Bybee et al. (2008) first established the sister-group relationship between Euphaeidae and Lestoideidae (BS = 100, PP = 1, QS = 0.8/0/ 0.99), which was supported with more extensive taxon sampling by Dijkstra et al. (2014). Sister to these two families is Pseudolestidae (BS = 100, PP = 1, QS = 0.57/0.62/0.97) with a single known species Pseudolestes mirabilis . Being known only from Hainan, P. mirabilis , has a very distinct adult and nymphal morphology, for example having the hindwing much shorter than the forewing, and unique behavior (Cordero-Rivera and Zhang, 2018 a, 2018 b; Yu and Bu, 2011).
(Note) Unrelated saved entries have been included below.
-- ===== src/Engine/Entries/Unsettled.antt =====
-- internal/engine/daily.go, submitApproved: it settles nothing at the broker.
use crypto_swing_bot.Prelude.{
  ℕ, refl, inl, inr, Option, none, some, Option-cases, List, [], ◌∷◌, ◌>>=◌,
}
use crypto_swing_bot.Float.{Float, Decimal, Convert}
use crypto_swing_bot.Domain.{Symbol, Time}
use crypto_swing_bot.Broker.Book.{PaperBroker}
use crypto_swing_bot.Broker.Orders.{Submitted}
use crypto_swing_bot.Engine.World.{ProposalSide, long, exit, stop_update, Proposal, World}
use crypto_swing_bot.Engine.After.{After, ended}
use crypto_swing_bot.Engine.Resubmit.{
  EngineConfig, Resubmitted, last_order, stop_answer, protect_entry, resubmit_stop, resubmit_side,
  resubmit,
}
use crypto_swing_bot.Engine.Rebuild.{DaySnapshot}
use crypto_swing_bot.Engine.Entries.{settle_submitted, submit_approved, submit_all}
use crypto_swing_bot.Engine.Notices.{note_order_error}
use crypto_swing_bot.Broker.Orders.Unsettled.{IsUnsettled, IsUnsettled-trans, submit-IsUnsettled}

module _ {F D : Type 0} ⦃f : Float F⦄ ⦃d : Decimal D⦄ ⦃c : Convert F D⦄ where
  open c use {new_from_float}

  -- What an order that is submitted again leaves, if it does not panic.
  abbrev Leaves : PaperBroker F D → Option (Resubmitted F D) → Type 0
  Leaves b none = Unit
  Leaves b (some r) = IsUnsettled b r.broker

  last_order-IsUnsettled :
      (b : PaperBroker F D) (answer : PaperBroker F D × Submitted D)
      → IsUnsettled b answer.0
      → IsUnsettled b (last_order answer).broker
  last_order-IsUnsettled b (b', Submitted.placed o) h = h
  last_order-IsUnsettled b (b', Submitted.refused e) h = h

  stop_answer-IsUnsettled :
      (b : PaperBroker F D) (id : ℕ) (answer : PaperBroker F D × Submitted D)
      → IsUnsettled b answer.0
      → IsUnsettled b (stop_answer id answer).broker
  stop_answer-IsUnsettled b id (b', Submitted.placed o) h = h
  stop_answer-IsUnsettled b id (b', Submitted.refused e) h = h

  protect-IsUnsettled :
      (b : PaperBroker F D) (stop_id : ℕ) (k : Symbol) (stop : Option F)
      (answer : PaperBroker F D × Submitted D)
      → IsUnsettled b answer.0
      → Leaves b (protect_entry stop_id k stop answer)
  protect-IsUnsettled b stop_id k none (b', Submitted.placed o) h = h
  protect-IsUnsettled b stop_id k (some stop) (b', Submitted.placed o) h =
      elim (Option-cases (new_from_float stop)) [
        | inl nan ↦ rw nan tt
        | inr (price, e) ↦ rw e (
            stop_answer-IsUnsettled b o.id _ (IsUnsettled-trans b b' _ h (submit-IsUnsettled b' _)))
      ]
  protect-IsUnsettled b stop_id k none (b', Submitted.refused e) h = h
  protect-IsUnsettled b stop_id k (some stop) (b', Submitted.refused e) h = h

  resubmit_stop-IsUnsettled :
      (stop_id : ℕ) (k : Symbol) (stop : Option F) (b : PaperBroker F D)
      → Leaves b (resubmit_stop stop_id k stop b)
  resubmit_stop-IsUnsettled stop_id k none b = (refl, refl, refl, refl)
  resubmit_stop-IsUnsettled stop_id k (some stop) b = elim (Option-cases (new_from_float stop)) [
    | inl nan ↦ rw nan tt
    | inr (price, e) ↦ rw e (last_order-IsUnsettled b _ (submit-IsUnsettled b _))
  ]

  resubmit-IsUnsettled :
      (side : ProposalSide) (cfg : EngineConfig F D) (b : PaperBroker F D) (p : Proposal F D)
      → Leaves b (resubmit_side side cfg b p)
  resubmit-IsUnsettled long cfg b p = protect-IsUnsettled b _ _ _ _ (submit-IsUnsettled b _)
  resubmit-IsUnsettled exit cfg b p = last_order-IsUnsettled b _ (submit-IsUnsettled b _)
  resubmit-IsUnsettled stop_update cfg b p = resubmit_stop-IsUnsettled _ _ _ b

  settle-IsUnsettled :
      (b : PaperBroker F D) (p : Proposal F D) (now : Time) (snap : DaySnapshot F D) (w : World F D)
      (r : Resubmitted F D)
      → IsUnsettled b r.broker
      → IsUnsettled b (settle_submitted p now snap w r).0.broker
  unfolding note_order_error
  settle-IsUnsettled b p now snap w r h = elim (Option-cases r.error) [
    | inl fine ↦ rw fine h
    | inr (e, bad) ↦ rw bad h
  ]

  pub submit_all-IsUnsettled :
      (b : PaperBroker F D) (cfg : EngineConfig F D) (ps : List (Proposal F D))
      (snap : DaySnapshot F D) (w : World F D)
      → IsUnsettled b snap.broker
      → After (λ s w'. IsUnsettled b s.broker) (ended (submit_all cfg ps snap w))
  unfolding submit_all submit_approved resubmit
  submit_all-IsUnsettled b cfg [] snap w h = h
  submit_all-IsUnsettled b cfg (p ∷ ps) snap w h =
      go (resubmit_side p.side cfg snap.broker p) (resubmit-IsUnsettled p.side cfg snap.broker p)
        (λ r kept.
          submit_all-IsUnsettled b cfg ps (settle_submitted p w.now snap w r).0
            (settle_submitted p w.now snap w r).1
            (settle-IsUnsettled b p w.now snap w r
              (IsUnsettled-trans b snap.broker r.broker h kept)))
    where
      go :
          (o : Option (Resubmitted F D))
          → Leaves snap.broker o
          → ((r : Resubmitted F D)
              → IsUnsettled snap.broker r.broker
              → After
                  (λ s w'. IsUnsettled b s.broker)
                  (ended (
                    submit_all cfg ps
                      (settle_submitted p w.now snap w r).0
                      (settle_submitted p w.now snap w r).1)))
          → After
              (λ s w'. IsUnsettled b s.broker)
              (ended (
                (o >>= λ r. some (settle_submitted p w.now snap w r)) >>= λ s.
                submit_all cfg ps s.0 s.1))
      go none l next = tt
      go (some r) l next = next r l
The Oriental Devadattidae and Mesoamerican Amphipterygidae are sister taxa (BS = 100, PP = 1, QS = 0.81/0/1). Their nymphs share the filamentous gill tufts below the caudal gills, also a trait of Pseudolestidae , but other morphological differences in the adults and nymphs make them distinct enough to keep them in their respective families. The last two families of this group are the Mesoamerican Thaumatoneuridae (BS = 100, PP = 1, QS = 1/NA/1) and the Oriental Rhipidolestidae (BS = 100, PP = 1, QS = 1/NA/0.98). The latter includes four genera ( Agriomorpha , Burmargiolestes , Bornargiolestes and Rhipidolestes ), which Dijkstra et al. (2014) regarded as incertae sedis as they were found to be paraphyletic when Thaumatoneuridae was not included. Agriomorpha and Rhipidolestes form a monophyletic group in our analyses and as Burmargiolestes and Bornargiolestes are closely related to Agriomorpha , we assume the four to form a monophyletic group. The name Rhipidolestinae was first used by Silsby (2001) although it seems that she did so accidentally, using it for a group that included Pseudolestes for which the name Pseudolestidae was already available. Nonetheless we propose to consider Silsby (2001) as the author for this family as her description, while brief, complies with the code of zoological nomenclature, including a citation of the name of the type genus, Rhipidolestes . The name is here used for the group of four mentioned genera, although Rhipidolestes stands apart due to different venation and a sturdy dorsal spine on the male’ s ninth abdominal segment. Further work might therefore show that the family should better be divided into two separate subfamilies or even families.